# Interactive T Shirt Designer for Website



## SewingMatters (Jan 23, 2008)

Looking for an interactive website t- shirt designer. Melco has one but it runs $4000 a year and that's a little pricey for me. I have seen several sites that now have these where you can design your shirt online and submit it. Does anyone know if there is a software you can buy for this? Or a particular hosting company that might offer it in one of their packages?
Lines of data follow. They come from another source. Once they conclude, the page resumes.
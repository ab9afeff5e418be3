-- ===== src/Broker/Apply/Undo.antt =====
-- One step of the rollback takes back what one operation has done.
use agent_workspace_guard.Base.{
  ◌≡◌, inl, inr, refl, sym, ap, ◌∙◌, subst, append-nil, Bool-cases, true, false, Option, none, some,
  [], ◌∷◌, ◌++◌, Text, ok, starts_with, list_eq, nat_eq,
}
use agent_workspace_guard.Paths.{FilePath, parse, parent, safe_join}
use agent_workspace_guard.Models.Enums.{EntryKind}
use agent_workspace_guard.Models.CommitOperation.{CommitOperation}
use agent_workspace_guard.FileSystem.{Files, grown}
use agent_workspace_guard.FileSystem.Moves.{
  starts_with_split, starts_with-Separate, moved_source, Like,
}
use agent_workspace_guard.FileSystem.Near.{Near, ◌▹◌, Like-Near, lexists-Near, Separate-sym}
use agent_workspace_guard.Broker.Apply.{is_set, start}
use agent_workspace_guard.Broker.Rollback.{roll_back_operation}
use agent_workspace_guard.Broker.Restore.{restore_operation}
use agent_workspace_guard.Broker.Apply.Ends.{SameTask}
use agent_workspace_guard.Broker.Apply.Outcomes.{
  Untouched, Backed, Installed, Replaced, Outcome, untouched, backed, replaced, added, IsBackup,
}
use agent_workspace_guard.Broker.Apply.Back.{
  relocated, rolled_back, roll_back_untouched, roll_back_backed, roll_back_added,
  roll_back_replaced, restored, restore_untouched, restore_backed, restore_added, restore_replaced,
}
use agent_workspace_guard.Broker.Apply.Places.{
  Places, Apart, Aside, relocated_beside, relocated_below, backed_beside, backed_below,
  backed_there, installed_beside, installed_there,
}

Near-root :
    (old new : Files) (root : FilePath)
    → ((rest : FilePath) → Near (old (root ++ rest)) (new (root ++ rest)))
    → Near (old root) (new root)
Near-root old new root h = subst (λ path. Near (old path) (new path)) (append-nil root) (h [])

-- By where a path lies.
by_place :
    (P : FilePath → Type 0) (root path : FilePath)
    → ((rest : FilePath) → P (root ++ rest))
    → (starts_with path root ≡ false → P path)
    → P path
by_place P root path below beside = elim (Bool-cases (starts_with path root)) [
  | inl b ↦ let (rest, e) = starts_with_split path root b in subst P (sym e) (below rest)
  | inr c ↦ beside c
]

-- The step back from the files `now` that an operation left, and from `later`, which later steps back
-- have made of them.
module _ (files : Files) (operation : CommitOperation) (p : Places) (a : Apart p)
    (workspace aside : FilePath) (now later : Files) (op : CommitOperation)
    (target : safe_join workspace op.path ≡ ok p.d) where
  pub record Undone : Type 0 where
    pub result : Files
    pub steps :
        roll_back_operation p.d aside op (start op later [])
        ≡ (ok tt, start (rolled_back op) result [])
    pub restores :
        restore_operation workspace aside op (start op later [])
        ≡ (ok tt, start (restored op) result [])
    pub back :
        (path : FilePath)
        → Aside p path
        → Near (now path) (later path)
        → Near (files path) (result path)

  undo_untouched : Untouched files operation p.d p.b p.s now op → Undone
  undo_untouched u = record {
    result = later;
    steps = roll_back_untouched p.d p.b p.x aside op later u.not_installed u.not_moved;
    restores =
        restore_untouched workspace p.d p.b p.x aside op later target u.not_installed u.not_moved;
    back = λ path h near. Like-Near (parent p.b ∷ parent p.d ∷ []) files now u.like path ▹ near;
  }

  module _ (near_b : (rest : FilePath) → Near (now (p.b ++ rest)) (later (p.b ++ rest)))
      (near_d : (rest : FilePath) → Near (now (p.d ++ rest)) (later (p.d ++ rest))) where
    undo_backed :
        (t : Text)
        → op.backup_path ≡ some t
        → parse t ≡ p.b
        → Backed files operation p.d p.b p.s true now op
        → Undone
    undo_backed t e j k = record {
      result = relocated p.b p.d later;
      steps = roll_back_backed p.d p.b p.x aside op later t k.not_installed k.is_moved e j (
          lexists-Near p.b now later (Near-root now later p.b near_b)
            (backed_there files operation p a now op k));
      restores =
          restore_backed workspace p.d p.b p.x aside op later target t k.not_installed k.is_moved e
            j
            (lexists-Near p.b now later (Near-root now later p.b near_b)
              (backed_there files operation p a now op k));
      back = λ path h near.
          by_place (λ q. Near (files q) (relocated p.b p.d later q)) p.d path
            (λ rest.
              backed_below files operation p a now op rest k
              ▹ near_b rest
              ▹ relocated_below p.b p.d rest later)
            (λ c.
              backed_beside files operation p a now op path k c h.from_b
              ▹ near
              ▹ relocated_beside p.b p.d path later h.from_b c);
    }

    undo_added :
        safe_join aside op.path ≡ ok p.x
        → ((rest : FilePath) → files (p.d ++ rest) ≡ none)
        → (m : Files) → Like (parent p.b ∷ parent p.d ∷ []) files m
        → Installed files operation p.d p.b p.s m false true now op
        → Undone
    undo_added e absent m like k = record {
      result = relocated p.d p.x later;
      steps = roll_back_added p.d p.b p.x aside op later k.is_installed k.is_moved e (
          lexists-Near p.d now later (Near-root now later p.d near_d)
            (installed_there files operation p a m now false op k));
      restores =
          restore_added workspace p.d p.b p.x aside op later target k.is_installed k.is_moved e (
            lexists-Near p.d now later (Near-root now later p.d near_d)
              (installed_there files operation p a m now false op k));
      back = λ path h near.
          by_place (λ q. Near (files q) (relocated p.d p.x later q)) p.d path
            (λ rest.
              inl (moved_source p.d p.x rest (grown (parent p.x) later) a.d_x ∙ sym (absent rest)))
            (λ c.
              Like-Near (parent p.b ∷ parent p.d ∷ []) files m like path
              ▹ installed_beside files operation p a m now false op path k c h.from_s
              ▹ near
              ▹ relocated_beside p.d p.x path later c h.from_x);
    }

    -- What lies in the backup stays there while the payload comes and goes.
    backup_kept :
        (m : Files) (o : CommitOperation) (rest : FilePath)
        → Installed files operation p.d p.b p.s m true true now o
        → Near (m (p.b ++ rest)) (relocated p.d p.x later (p.b ++ rest))
    backup_kept m o rest k =
        installed_beside files operation p a m now true o (p.b ++ rest) k
          (starts_with-Separate p.b p.d rest (Separate-sym p.d p.b a.d_b))
          (starts_with-Separate p.b p.s rest a.b_s)
        ▹ near_b rest
        ▹ relocated_beside p.d p.x (p.b ++ rest) later
            (starts_with-Separate p.b p.d rest (Separate-sym p.d p.b a.d_b))
            (starts_with-Separate p.b p.x rest a.b_x)

    undo_replaced :
        (t : Text)
        → op.backup_path ≡ some t
        → parse t ≡ p.b
        → safe_join aside op.path ≡ ok p.x
        → Replaced files operation p.d p.b p.s now op
        → Undone
    undo_replaced t e j f k = record {
      result = relocated p.b p.d (relocated p.d p.x later);
      steps =
          roll_back_replaced p.d p.b p.x aside op later t k.installed.is_installed
            k.installed.is_moved e j f
            (lexists-Near p.d now later (Near-root now later p.d near_d)
              (installed_there files operation p a k.middle now true op k.installed))
            (lexists-Near p.b k.middle (relocated p.d p.x later)
              (Near-root k.middle (relocated p.d p.x later) p.b
                (λ rest. backup_kept k.middle op rest k.installed))
              (backed_there files operation p a k.middle k.middle_op k.backed));
      restores =
          restore_replaced workspace p.d p.b p.x aside op later target t k.installed.is_installed
            k.installed.is_moved e j f
            (lexists-Near p.d now later (Near-root now later p.d near_d)
              (installed_there files operation p a k.middle now true op k.installed))
            (lexists-Near p.b k.middle (relocated p.d p.x later)
              (Near-root k.middle (relocated p.d p.x later) p.b
                (λ rest. backup_kept k.middle op rest k.installed))
              (backed_there files operation p a k.middle k.middle_op k.backed));
      back = λ path h near.
          by_place (λ q. Near (files q) (relocated p.b p.d (relocated p.d p.x later) q)) p.d path
            (λ rest.
              backed_below files operation p a k.middle k.middle_op rest k.backed
              ▹ backup_kept k.middle op rest k.installed
              ▹ relocated_below p.b p.d rest (relocated p.d p.x later))
            (λ c.
              backed_beside files operation p a k.middle k.middle_op path k.backed c h.from_b
              ▹ installed_beside files operation p a k.middle now true op path k.installed c
                  h.from_s
              ▹ near
              ▹ relocated_beside p.d p.x path later c h.from_x
              ▹ relocated_beside p.b p.d path (relocated p.d p.x later) h.from_b c);
    }

-- The path of an operation's backup, if it had a target.
backup_of :
    (before_kind : Option EntryKind) (backup : Option Text) (b : FilePath)
    → is_set before_kind ≡ true
    → IsBackup before_kind backup b
    → (t : Text) × (backup ≡ some t) × (parse t ≡ b)
backup_of none backup b set k = cc
backup_of (some kind) none b set k = elim k [ ]
backup_of (some kind) (some t) b set k = (t, refl, k)

-- From any outcome.
pub undo :
    (files : Files) (operation : CommitOperation) (p : Places) (a : Apart p)
    (workspace aside : FilePath) (now later : Files) (op : CommitOperation)
    (target : safe_join workspace op.path ≡ ok p.d)
    → ((rest : FilePath) → Near (now (p.b ++ rest)) (later (p.b ++ rest)))
    → ((rest : FilePath) → Near (now (p.d ++ rest)) (later (p.d ++ rest)))
    → SameTask operation op
    → IsBackup operation.before_kind operation.backup_path p.b
    → safe_join aside operation.path ≡ ok p.x
    → (operation.before_kind ≡ none → (rest : FilePath) → files (p.d ++ rest) ≡ none)
    → Outcome files operation p.d p.b p.s operation.before_kind now op
    → Undone files operation p a workspace aside now later op target
undo files operation p a workspace aside now later op target near_b near_d same k e absent
      (untouched u) =
    undo_untouched files operation p a workspace aside now later op target u
undo files operation p a workspace aside now later op target near_b near_d same k e absent
      (backed set h) =
    let (t, f, j) = backup_of operation.before_kind operation.backup_path p.b set k in
    undo_backed files operation p a workspace aside now later op target near_b near_d t
      (same.backup_path ∙ f) j h
undo files operation p a workspace aside now later op target near_b near_d same k e absent
      (replaced set h) =
    let (t, f, j) = backup_of operation.before_kind operation.backup_path p.b set k in
    undo_replaced files operation p a workspace aside now later op target near_b near_d t
      (same.backup_path ∙ f) j (ap (safe_join aside) same.path ∙ e) h
undo files operation p a workspace aside now later op target near_b near_d same k e absent
      (added h) =
    undo_added files operation p a workspace aside now later op target near_b near_d
      (ap (safe_join aside) same.path ∙ e) (absent h.new) h.middle h.like h.installed

pub Outcome-SameTask :
    (files : Files) (operation : CommitOperation) (d b s : FilePath)
    (before_kind : Option EntryKind) (now : Files) (op : CommitOperation)
    → Outcome files operation d b s before_kind now op
    → SameTask operation op
Outcome-SameTask files operation d b s before_kind now op (untouched u) = u.same
Outcome-SameTask files operation d b s before_kind now op (backed set h) = h.same
Outcome-SameTask files operation d b s before_kind now op (replaced set h) = h.installed.same
Outcome-SameTask files operation d b s before_kind now op (added h) = h.installed.same
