-- ===== src/Broker/Apply/RolledBack.antt =====
-- A commit that raises is taken back: the rollback of whatever the loop of `commit` has done.
use agent_workspace_guard.Base.{
  ◌≡◌, refl, sym, ap, ◌∙◌, subst, Bool, none, some, List, [], ◌∷◌, ◌++◌, All, ok, err, list_eq,
  nat_eq,
}
use agent_workspace_guard.Paths.{FilePath, safe_join}
use agent_workspace_guard.Models.CommitOperation.{CommitOperation}
use agent_workspace_guard.FileSystem.{Files}
use agent_workspace_guard.FileSystem.Near.{Near, Near-refl}
use agent_workspace_guard.Broker.Apply.{start, apply_operations}
use agent_workspace_guard.Broker.Rollback.{
  roll_back_operation, Rollback, settle, roll_back_next, roll_back_operations,
}
use agent_workspace_guard.Broker.Apply.Outcomes.{Outcome}
use agent_workspace_guard.Broker.Apply.Back.{rolled_back}
use agent_workspace_guard.Broker.Apply.Undo.{Undone, undo, Outcome-SameTask}
use agent_workspace_guard.Broker.Apply.Places.{Places}
use agent_workspace_guard.Broker.Apply.Backwards.{
  Beside, Planned, Arranged, NewAreAbsent, AllAside, below_d, below_b, backwards-apply,
}

-- The rollback went through, and each path beside the places of the commit is what it was.
pub record TakenBack (files : Files) (places : List Places) (r : Rollback) : Type 0 where
  pub no_failure : r.failure ≡ none
  pub no_errors : r.errors ≡ []
  pub no_faults : r.faults ≡ []
  pub back : (path : FilePath) → AllAside places path → Near (files path) (r.files path)

module _ (workspace apply_root aside : FilePath) where
  roll_back_next_lem :
      (op : CommitOperation) (later : Rollback) (d : FilePath) (result : Files)
      → safe_join workspace op.path ≡ ok d
      → later.faults ≡ []
      → roll_back_operation d aside op (start op later.files [])
        ≡ (ok tt, start (rolled_back op) result [])
      → roll_back_next workspace aside op later ≡ record later {
        operations = rolled_back op ∷ later.operations;
        files = result;
        faults = [];
      }
  unfolding roll_back_next
  roll_back_next_lem op later d result e f h =
      ap
        (λ j. elim j [
          | err x ↦ record later { operations = op ∷ later.operations; failure = some x }
          | ok destination ↦
              settle op.path later
                (roll_back_operation destination aside op (start op later.files later.faults))
        ])
        e
      ∙ ap
          (λ faults.
            settle op.path later (roll_back_operation d aside op (start op later.files faults)))
          f
      ∙ ap (settle op.path later) h

  -- One more step back.
  step :
      (files now : Files) (operation op : CommitOperation) (p : Places) (places : List Places)
      (later : Rollback)
      → Planned workspace apply_root aside operation p
      → All (Beside p) places
      → (operation.before_kind ≡ none → (rest : FilePath) → files (p.d ++ rest) ≡ none)
      → Outcome files operation p.d p.b p.s operation.before_kind now op
      → TakenBack now places later
      → TakenBack files (p ∷ places) (roll_back_next workspace aside op later)
  step files now operation op p places later plan beside absent o t =
      let same = Outcome-SameTask files operation p.d p.b p.s operation.before_kind now op o in
      let target : safe_join workspace op.path ≡ ok p.d =
        ap (safe_join workspace) same.path ∙ plan.target in
      let u : Undone files operation p plan.apart workspace aside now later.files op target =
        undo files operation p plan.apart workspace aside now later.files op target
          (λ rest. t.back (p.b ++ rest) (below_b p rest places beside))
          (λ rest. t.back (p.d ++ rest) (below_d p rest places beside)) same plan.backup
          plan.displaced absent o in
      let e : roll_back_next workspace aside op later ≡ record later {
        operations = rolled_back op ∷ later.operations;
        files = u.result;
        faults = [];
      } =
        roll_back_next_lem op later p.d u.result target t.no_faults u.steps in
      subst (TakenBack files (p ∷ places)) (sym e) (record {
        no_failure = t.no_failure;
        no_errors = t.no_errors;
        no_faults = refl;
        back = λ path h. u.back path h.0 (t.back path h.1);
      })

  step_list :
      (files now end : Files) (operation op : CommitOperation) (p : Places) (places : List Places)
      (operations : List CommitOperation)
      → Planned workspace apply_root aside operation p
      → All (Beside p) places
      → (operation.before_kind ≡ none → (rest : FilePath) → files (p.d ++ rest) ≡ none)
      → Outcome files operation p.d p.b p.s operation.before_kind now op
      → TakenBack now places (roll_back_operations workspace aside operations end [])
      → TakenBack files (p ∷ places) (roll_back_operations workspace aside (op ∷ operations) end [])
  unfolding roll_back_operations
  step_list files now end operation op p places operations plan beside absent o t =
      let e = t.no_failure in
      rw e (
        step files now operation op p places
          (roll_back_operations workspace aside operations end []) plan beside absent o t)

  pub roll_back-apply :
      (operations : List CommitOperation) (places : List Places) (files : Files)
      (faults : List Bool)
      → Arranged workspace apply_root aside operations places
      → NewAreAbsent files operations places
      → TakenBack files places (
          let a = apply_operations workspace apply_root operations files faults in
          roll_back_operations workspace aside a.operations a.files [])
  unfolding roll_back_operations
  roll_back-apply =
      backwards-apply workspace apply_root aside Rollback
        (λ operations files. roll_back_operations workspace aside operations files []) TakenBack
        (λ files. record {
          no_failure = refl;
          no_errors = refl;
          no_faults = refl;
          back = λ path a. Near-refl (files path);
        })
        step_list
All help welcome.


----------



## Rodney (Nov 3, 2004)

Check out design tool - designer - t shirt - ad specialties - expertLogo and rsktech.com


----------



## plan b (Feb 21, 2007)

rsktech.com under $2000.00 per year ,, with ample products and sales,,, tell them Roger sent you.


----------



## listen2thelyrix (Jan 21, 2008)

Try this... T-shirt Designer - Make your own custom shirts : Spreadshirt
I don't know if this is what your looking for but if you open a Spreadshirt account and pay for the premium service which is $10 a month, you can open a shop like the one thats in the link for your customers to so that your customer can design and but shirts and bags an hats etc. then buy them.


----------



## SewingMatters (Jan 23, 2008)

This is great, only I want to print my own apparel. I do embroidery, sublimation, chromablast, and vinyl heat transfers. I would love to be able to add a feature like this to my site, and it is what I am looking for but as I said I need to be able to print it myself. The first two fit the catagorey just looking for one now that will fit when in the budget. 
Thanks to all,


----------